How to invest with a disciplined approach when markets are soaring? MintGenie explains

Experts suggest that maintaining a disciplined and consistent investment strategy is more crucial than focusing on short-term benchmark index records.

Manik Kumar Malakar
Published29 Oct 2023, 12:07 PM IST
How to invest wisely when markets are at peak?
How to invest wisely when markets are at peak?

India’s benchmark indices had recently touched lifetime highs, with both benchmarks (Sensex and Nifty) touching record highs in September. While there is euphoria on the new equity records, experts’ advice that we should not read too much into the benchmark indices is soaring.

Market experts feel that having a disciplined investment approach with a fixed investment plan is more important than transient benchmarks.

“Retail investors should not concern themselves too much with market levels,” advises Mayank Bhatnagar, Chief Operating Officer, FinEdge about benchmarks soaring.

“Today with markets reaching new highs, there is a need for retail investors not to get worried about being left out, but to maintain a suitable asset allocation to equity,” says Anil Ghelani, Head-Passive Investment and Products, DSP Mutual Fund, who advises that it would be best not to make any big changes by buying a lot more or at the same time booking gains and sitting on cash.

“Markets are not linear with peaks and bottoms getting formed in the journey,” says Shaily Gang, Head- Products, Tata Asset Management about how benchmark watching does not convey the whole story.

Thus, in the last 30 years, Nifty 50 witnessed temporary declines of more than 10-20% every alternate year and temporary declines of more than 30% once in 8 to 10 years, yet clocking a CAGR (Compounded Annual Growth Rate) of a little over 13%. It is practically impossible to gauge when the market peaks and bottoms will be formed, note experts.

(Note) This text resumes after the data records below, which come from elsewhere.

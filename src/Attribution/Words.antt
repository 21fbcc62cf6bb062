-- ===== src/Attribution/Words.antt =====
-- `map_word` on the words of a timeline.
use sddiar.Base.{
  ℕ, zero, suc, ◌≤◌, ◌<◌, ◌≡◌, refl, sym, ap, subst, ◌∙◌, inl, inr, Bool, true, false, not, ◌&&◌,
  Option, none, some, List, [], ◌∷◌, ok, err, contract_validation, arith, ltb, leb, if◌then◌else◌,
  length, keep_if, Bool-cases,
}
use sddiar.Base.Int.{pos}
use sddiar.Contracts.{max_time_us}
use sddiar.Contracts.Range.{range_iff, range_refused}
use sddiar.Spans.{
  Speaker, speaker_00, speaker_01, overlap, same_speaker, is_supported, DiarizationSpan,
}
use sddiar.Attribution.{
  Word, WordMappingConfig, AttributedWord, timewarp_boundary, Decision, is_unattributed,
  speakers_of, best_of, material_of, rest_decision, best_decision, dominant_decision,
  decide_speakers, decide_covered, decide_word, evidence_of, map_word, build_attributed, touches,
}
use sddiar.Attribution.Coverage.{meets_protected, overlap_loop-meets}
use sddiar.Attribution.Verdict.{best_of-two}

-- A decision that is none of the overlap branch, and that the constructor accepts.
abbrev is_plain : Decision → Bool
is_plain d =
    is_supported d.speaker
    && (not (same_speaker d.speaker overlap) && not (is_unattributed d.status))

rest_decision-plain :
    (speakers : List (Speaker × ℕ)) (others : Option ℕ)
    → is_plain (rest_decision speakers others) ≡ true
rest_decision-plain [] none = refl
rest_decision-plain [] (some zero) = refl
rest_decision-plain [] (some (suc r)) = refl
rest_decision-plain (x ∷ rest) none = refl
rest_decision-plain (x ∷ rest) (some r) = refl

abbrev is_plain_speaker : Speaker → Bool
is_plain_speaker label = is_supported label && not (same_speaker label overlap)

best_decision-plain :
    (cfg : WordMappingConfig) (speakers : List (Speaker × ℕ)) (u : ℕ) (others : Option ℕ)
    (best : Speaker × ℕ)
    → is_plain_speaker best.0 ≡ true
    → is_plain (best_decision cfg speakers u others best) ≡ true
best_decision-plain cfg speakers u others (label, ratio) h =
    elim (Bool-cases
      (leb cfg.word_min_dominant_coverage ratio && leb u cfg.word_max_unknown_coverage)) [
        | inl good ↦ rw good (ground arith)
        | inr bad ↦ rw bad (rest_decision-plain speakers others)
      ]

abbrev pick : Bool → ℕ → ℕ → Speaker × ℕ
pick test r q = if test then (speaker_01, q) else (speaker_00, r)

either_plain : (test : Bool) (r q : ℕ) → is_plain_speaker (pick test r q).0 ≡ true
either_plain true r q = refl
either_plain false r q = refl

dominant_decision-plain :
    (cfg : WordMappingConfig) (first second : Option ℕ) (u : ℕ) (others : Option ℕ)
    → is_plain (dominant_decision cfg (speakers_of first second) u others) ≡ true
unfolding best_of
dominant_decision-plain cfg none none u others = rest_decision-plain [] others
dominant_decision-plain cfg (some r) none u others =
    best_decision-plain cfg _ u others (speaker_00, r) refl
dominant_decision-plain cfg none (some q) u others =
    best_decision-plain cfg _ u others (speaker_01, q) refl
dominant_decision-plain cfg (some r) (some q) u others =
    best_decision-plain cfg _ u others _ (
      subst (λ p. is_plain_speaker p.0 ≡ true) (sym (best_of-two r q)) (either_plain (ltb r q) r q))

decide_speakers-plain :
    (cfg : WordMappingConfig) (first second : Option ℕ) (u : ℕ) (others : Option ℕ)
    → is_plain (decide_speakers cfg (speakers_of first second) u others) ≡ true
unfolding decide_speakers
decide_speakers-plain cfg first second u others =
    elim (Bool-cases (leb 2 (length (material_of cfg (speakers_of first second))))) [
      | inl both ↦ rw both refl
      | inr alone ↦ rw alone (dominant_decision-plain cfg first second u others)
    ]

-- The constructor accepts every decision of a word that starts before it ends.
pub build_attributed-accepts :
    (w : Word) (evidence : List DiarizationSpan) (d : Decision)
    → w.start_us < w.end_us
    → w.end_us ≤ max_time_us
    → (is_supported d.speaker ≡ true)
    → ((same_speaker d.speaker overlap && not (is_unattributed d.status)) ≡ false)
    → (out : AttributedWord) × (build_attributed w evidence d ≡ ok out)
      × (out.attribution_status ≡ d.status)
      × (out.speaker_id ≡ d.speaker)
      × (out.speaker_coverage_ratio ≡ d.coverage)
unfolding build_attributed
build_attributed-accepts w evidence d lt top known fit =
    rw
      (
        (range_iff (pos w.start_us) (pos w.end_us) w.start_us w.end_us).1 (refl, refl, lt, top),
        known,
        fit,
      )
      (_, refl, refl, refl, refl)

plain-parts :
    (a b c : Bool) → (a && (not b && not c)) ≡ true → (a ≡ true) × (b ≡ false) × (c ≡ false)
plain-parts a b c h = (ground arith, ground arith, ground arith)

-- What a decision has to say of a word, given whether it is one for overlap.
abbrev Fits : Bool → Decision → Type 0
Fits meets d =
    (is_supported d.speaker ≡ true)
    × ((same_speaker d.speaker overlap && not (is_unattributed d.status)) ≡ false)
    × (is_unattributed d.status ≡ meets)
    × (same_speaker d.speaker overlap ≡ meets)

plain-Fits : (d : Decision) → is_plain d ≡ true → Fits false d
plain-Fits d h =
    let (known, clear, free) =
      plain-parts (is_supported d.speaker) (same_speaker d.speaker overlap)
        (is_unattributed d.status) h in
    (known, rw clear refl, free, clear)

module _ (divide plus : ℕ → ℕ → ℕ) where
  pub decide_word-Fits :
      (cfg : WordMappingConfig) (w : Word) (spans : List DiarizationSpan) (crosses : Bool)
      → leb w.end_us w.start_us ≡ false
      → Fits
          (not crosses && meets_protected w spans)
          (decide_word divide plus cfg w (evidence_of w spans) crosses)
  unfolding decide_word decide_covered
  decide_word-Fits cfg w spans true fine = rw fine (refl, refl, refl, refl)
  decide_word-Fits cfg w spans false fine = elim (Bool-cases (meets_protected w spans)) [
    | inl shared ↦ rw (fine, overlap_loop-meets w spans, shared) (refl, refl, refl, refl)
    | inr apart ↦
        rw (fine, overlap_loop-meets w spans, apart)
          (plain-Fits (decide_covered divide plus cfg w (keep_if (touches w) spans))
            (decide_speakers-plain cfg _ _ _ _))
  ]

  -- Every word that starts before it ends, within the time limit, is attributed, for any spans
  -- and ratios; and both its status and its speaker are those of overlap exactly if it crosses
  -- no timewarp boundary and shares time with a protected span.
  pub map_word_total :
      (cfg : WordMappingConfig) (w : Word) (spans : List DiarizationSpan) (crosses : Bool)
      → w.start_us < w.end_us
      → w.end_us ≤ max_time_us
      → (out : AttributedWord) × (map_word divide plus cfg w spans crosses ≡ ok out)
        × (is_unattributed out.attribution_status ≡ (not crosses && meets_protected w spans))
        × (same_speaker out.speaker_id overlap ≡ (not crosses && meets_protected w spans))
  unfolding map_word
  map_word_total cfg w spans crosses lt top =
      let (known, fit, meets, label) = decide_word-Fits cfg w spans crosses (ground arith) in
      let (out, e, status, who, _) =
        build_attributed-accepts w (evidence_of w spans)
          (decide_word divide plus cfg w (evidence_of w spans) crosses) lt top known fit in
      (out, e, ap is_unattributed status ∙ meets, ap (λ s. same_speaker s overlap) who ∙ label)

  -- A word that does not start before it ends is refused, although the code has a branch that
  -- gives such a word the status of a timewarp boundary.
  pub map_word_malformed :
      (cfg : WordMappingConfig) (w : Word) (spans : List DiarizationSpan) (crosses : Bool)
      → w.end_us ≤ w.start_us
      → ((decide_word divide plus cfg w (evidence_of w spans) crosses).status ≡ timewarp_boundary)
        × (map_word divide plus cfg w spans crosses ≡ err contract_validation)
  unfolding map_word decide_word build_attributed
  map_word_malformed cfg w spans crosses le =
      let bad : leb w.end_us w.start_us ≡ true = ground arith in
      (rw bad refl, rw (range_refused w.start_us w.end_us le) refl)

Nifty 50 witnessed temporary declines of more than 10-20% every alternate year

Bhatnagar advises that investors should continue investing in equities in a systematic and disciplined manner, according to a clearly defined goal-based plan. However, it’s crucial for investors to understand risks and rewards, as well as have the right expectations before investing.

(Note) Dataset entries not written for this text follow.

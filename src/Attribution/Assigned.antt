-- ===== src/Attribution/Assigned.antt =====
-- What an assigned word has: the share of its speaker, as a sum over all spans.
use sddiar.Base.{
  ℕ, ◌-◌, ◌≤◌, ◌<◌, ◌≡◌, refl, sym, ap, subst, ◌∙◌, inl, inr, ◌⊎◌, Bool, true, false, ◌&&◌, Option,
  none, some, List, ok, ok-inj, arith, ltb, leb, keep_if, Bool-cases,
}
use sddiar.Contracts.{max_time_us}
use sddiar.Spans.{Speaker, speaker_00, speaker_01, unknown, non_speech, DiarizationSpan}
use sddiar.Attribution.{
  Word, WordMappingConfig, AttributedWord, Decision, or_zero, quotient_of, decide_covered,
  decide_word, evidence_of, map_word, touches, coverage_loop,
}
use sddiar.Attribution.Coverage.{spoken, coverage-spoken, meets_protected, overlap_loop-meets}
use sddiar.Attribution.Verdict.{
  is_assigned, IsDominant, both_material, decide_speakers-IsDominant, clash,
}
use sddiar.Attribution.Words.{decide_word-Fits, build_attributed-accepts}

module _ (divide plus : ℕ → ℕ → ℕ) where
  -- The share of a label in a word.
  abbrev pub share : Speaker → Word → List DiarizationSpan → ℕ
  share label w spans = divide (spoken label w spans) (w.end_us - w.start_us)

  -- Whether a label holds a material share of a word.
  abbrev pub is_material : WordMappingConfig → Speaker → Word → List DiarizationSpan → Bool
  is_material cfg label w spans =
      ltb 0 (spoken label w spans) && leb cfg.word_material_speaker_coverage (share label w spans)

  -- The coverage that the loop finds for a label.
  abbrev found : Word → List DiarizationSpan → Speaker → Option ℕ
  found w spans label = coverage_loop w (λ l. none) (keep_if (touches w) spans) label

  abbrev ratio : Word → List DiarizationSpan → Speaker → Option ℕ
  ratio w spans label = quotient_of divide (w.end_us - w.start_us) (found w spans label)

  abbrev AssignedTo : WordMappingConfig → Word → List DiarizationSpan → Bool → Decision → Type 0
  AssignedTo cfg w spans crosses d =
      (crosses ≡ false)
      × (meets_protected w spans ≡ false)
      × IsDominant cfg (ratio w spans speaker_00) (ratio w spans speaker_01)
          (plus (or_zero (ratio w spans unknown)) (or_zero (ratio w spans non_speech))) d
      × (both_material cfg (ratio w spans speaker_00) (ratio w spans speaker_01) ≡ false)

  decide_word-AssignedTo :
      (cfg : WordMappingConfig) (w : Word) (spans : List DiarizationSpan) (crosses : Bool)
      → leb w.end_us w.start_us ≡ false
      → is_assigned (decide_word divide plus cfg w (evidence_of w spans) crosses).status ≡ true
      → AssignedTo cfg w spans crosses (decide_word divide plus cfg w (evidence_of w spans) crosses)
  unfolding decide_word decide_covered
  decide_word-AssignedTo cfg w spans true fine h = clash refl (rw fine at h)
  decide_word-AssignedTo cfg w spans false fine h = elim (Bool-cases (meets_protected w spans)) [
    | inl shared ↦ clash refl (rw (fine, overlap_loop-meets w spans, shared) at h)
    | inr apart ↦
        let (best, alone) =
          decide_speakers-IsDominant cfg (ratio w spans speaker_00) (ratio w spans speaker_01) _ _
            (rw (fine, overlap_loop-meets w spans, apart) at h) in
        rw (fine, overlap_loop-meets w spans, apart) (refl, refl, best, alone)
  ]

  ratio-share :
      (w : Word) (spans : List DiarizationSpan) (label : Speaker) (r : ℕ)
      → ratio w spans label ≡ some r
      → r ≡ share label w spans
  ratio-share w spans label r h =
      of_option (found w spans label) (w.end_us - w.start_us) r h
      ∙ ap (λ n. divide n (w.end_us - w.start_us)) (coverage-spoken w label spans)
    where
      of_option :
          (o : Option ℕ) (d r : ℕ) → quotient_of divide d o ≡ some r → r ≡ divide (or_zero o) d
      of_option none d r h = ground arith
      of_option (some n) d r h = ground arith

  material-found :
      (cfg : WordMappingConfig) (d : ℕ) (first second : Option ℕ)
      → both_material cfg (quotient_of divide d first) (quotient_of divide d second) ≡ false
      → ((ltb 0 (or_zero first)
            && leb cfg.word_material_speaker_coverage (divide (or_zero first) d))
          && (ltb 0 (or_zero second)
              && leb cfg.word_material_speaker_coverage (divide (or_zero second) d)))
        ≡ false
  material-found cfg d none second h = refl
  material-found cfg d (some n) none h = ground arith
  material-found cfg d (some n) (some m) h = ground arith

  -- What is said of an assigned word.
  abbrev pub IsAssigned : WordMappingConfig → Word → List DiarizationSpan → AttributedWord → Type 0
  IsAssigned cfg w spans out =
      ((out.speaker_id ≡ speaker_00) ⊎ (out.speaker_id ≡ speaker_01))
      × (out.speaker_coverage_ratio ≡ some (share out.speaker_id w spans))
      × (cfg.word_min_dominant_coverage ≤ share out.speaker_id w spans)
      × ((is_material cfg speaker_00 w spans && is_material cfg speaker_01 w spans) ≡ false)

  IsDominant-share :
      (cfg : WordMappingConfig) (w : Word) (spans : List DiarizationSpan) (u : ℕ) (d : Decision)
      → IsDominant cfg (ratio w spans speaker_00) (ratio w spans speaker_01) u d
      → ((d.speaker ≡ speaker_00) ⊎ (d.speaker ≡ speaker_01))
        × (d.coverage ≡ some (share d.speaker w spans))
        × (cfg.word_min_dominant_coverage ≤ share d.speaker w spans)
  IsDominant-share cfg w spans u d (r, covered, big, few, inl (who, e, _)) =
      let same = ratio-share w spans speaker_00 r e in
      (
        inl who,
        subst (λ l. d.coverage ≡ some (share l w spans)) (sym who) (covered ∙ ap some same),
        subst (λ l. cfg.word_min_dominant_coverage ≤ share l w spans) (sym who)
            (subst (λ n. cfg.word_min_dominant_coverage ≤ n) same big),
      )
  IsDominant-share cfg w spans u d (r, covered, big, few, inr (who, e, _)) =
      let same = ratio-share w spans speaker_01 r e in
      (
        inr who,
        subst (λ l. d.coverage ≡ some (share l w spans)) (sym who) (covered ∙ ap some same),
        subst (λ l. cfg.word_min_dominant_coverage ≤ share l w spans) (sym who)
            (subst (λ n. cfg.word_min_dominant_coverage ≤ n) same big),
      )

  material-spoken :
      (cfg : WordMappingConfig) (w : Word) (spans : List DiarizationSpan)
      → both_material cfg (ratio w spans speaker_00) (ratio w spans speaker_01) ≡ false
      → (is_material cfg speaker_00 w spans && is_material cfg speaker_01 w spans) ≡ false
  material-spoken cfg w spans h =
      let sums =
        material-found cfg (w.end_us - w.start_us) (found w spans speaker_00)
          (found w spans speaker_01) h in
      rw (coverage-spoken w speaker_00 spans, coverage-spoken w speaker_01 spans) at sums

  -- If `map_word` assigns a word that starts before it ends, within the time limit, then the word
  -- crosses no timewarp boundary and shares no time with a protected span; it goes to one of
  -- the two speakers, with the time that all spans of that speaker share with it as its
  -- share, which is dominant; and not both speakers have a material share.
  pub map_word-IsAssigned :
      (cfg : WordMappingConfig) (w : Word) (spans : List DiarizationSpan) (crosses : Bool)
      (out : AttributedWord)
      → w.start_us < w.end_us
      → w.end_us ≤ max_time_us
      → map_word divide plus cfg w spans crosses ≡ ok out
      → is_assigned out.attribution_status ≡ true
      → (crosses ≡ false) × (meets_protected w spans ≡ false) × IsAssigned cfg w spans out
  unfolding map_word
  map_word-IsAssigned cfg w spans crosses out lt top run h =
      let fine : leb w.end_us w.start_us ≡ false = ground arith in
      let d = decide_word divide plus cfg w (evidence_of w spans) crosses in
      let (known, fit, _, _) = decide_word-Fits divide plus cfg w spans crosses fine in
      let (built, e, status, who, covered) =
        build_attributed-accepts w (evidence_of w spans) d lt top known fit in
      let same = ok-inj (sym e ∙ run) in
      let (straight, apart, best, alone) = decide_word-AssignedTo cfg w spans crosses fine (
        sym (ap is_assigned status)
        ∙ ap (λ (o : AttributedWord). is_assigned o.attribution_status) same
        ∙ h) in
      let (label, part, big) = IsDominant-share cfg w spans _ d best in
      (
        straight,
        apart,
        subst (IsAssigned cfg w spans) same (
          subst (λ l. (l ≡ speaker_00) ⊎ (l ≡ speaker_01)) (sym who) label,
          subst (λ l. built.speaker_coverage_ratio ≡ some (share l w spans)) (sym who)
              (covered ∙ part),
          subst (λ l. cfg.word_min_dominant_coverage ≤ share l w spans) (sym who) big,
          material-spoken cfg w spans alone,
        ),
      )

More often than not, investing journeys get derailed because investors do not take the time to properly set expectations and understand what they are getting into. In the end, stock markets reward patience and discipline, experts say.

So, you have decided to take the equity plunge despite equities being at elevated levels. Experts guide you on how to go about it.

Retail investors should necessarily utilise tools like SIPs (Systematic Investment Plans) and STPs (Systematic Transfer Plans) to stagger their investments into the market. This should be the rule of thumb irrespective of market levels, say experts.

Over the long term, this is the only real proven success formula for wealth creation from equities.

When daily index values of Nifty 50 are taken and average rolling returns are plotted for 1 year, 3 years, 5 years, 7 years and 10 years, the instances of positive returns increased with time periods and instances of negative returns decreased. The instances of negative returns turned Nil when rolling returns were taken for a 7 years period and beyond. “This is the benefit of long term investing,” says Gang.

Products like Balanced Advantage funds can adjust the net equity exposure levels according to the market valuations and macro indicators depending on the asset allocation model each one follows. During phases of market volatility or at points where valuations have run up, investors can increase exposure to such products.

Fund features of Systematic Transfer Plan, Flex STP and Trigger feature can be attached to funds to navigate various market phases. Exposure to the markets can be done by using the above features with Debt scheme being the Source scheme and Equity scheme being the Target scheme. “Exposure away from the markets can be executed vice-versa,” says Gang, noting the MF perspective of looking at investments at elevated levels.

But, in the main, you and the investor should know your priorities. “It is important to set up clearly defined goals and invest according to them, instead of making ad hoc investments without any clearly defined purpose,” says Bhatnagar.

Valuation metrics

The equity markets have various valuation metrics like P/E etc that may be a gauge on how to invest. Experts gave their take on the relevance of such metrics in a situation of elevated equity levels.

“Investors could look at valuation metrics of forward P/E and compare the same to historical averages to assess the current valuation,” says Gang.

India's market premiums could be compared to other Emerging market's historical average premiums.

Within India again, valuation of market-cap segments could be looked into as to whether midcaps and Small-caps are trading at a steep premium or marginal premium to large-caps to assess the relative attractiveness.

“Retail investors really should not attach much significance to valuation metrics!,” says Bhatnagar They should instead focus more on having a great investing process that builds resilience to withstand market cycles. While these indicators do give you a broad idea of where we stand in terms of valuation, they cannot be used to time market entry or exit. The best way to invest in equities is by continuing your SIPs throughout market cycles.

Manik Kumar Malakar is a personal finance writer.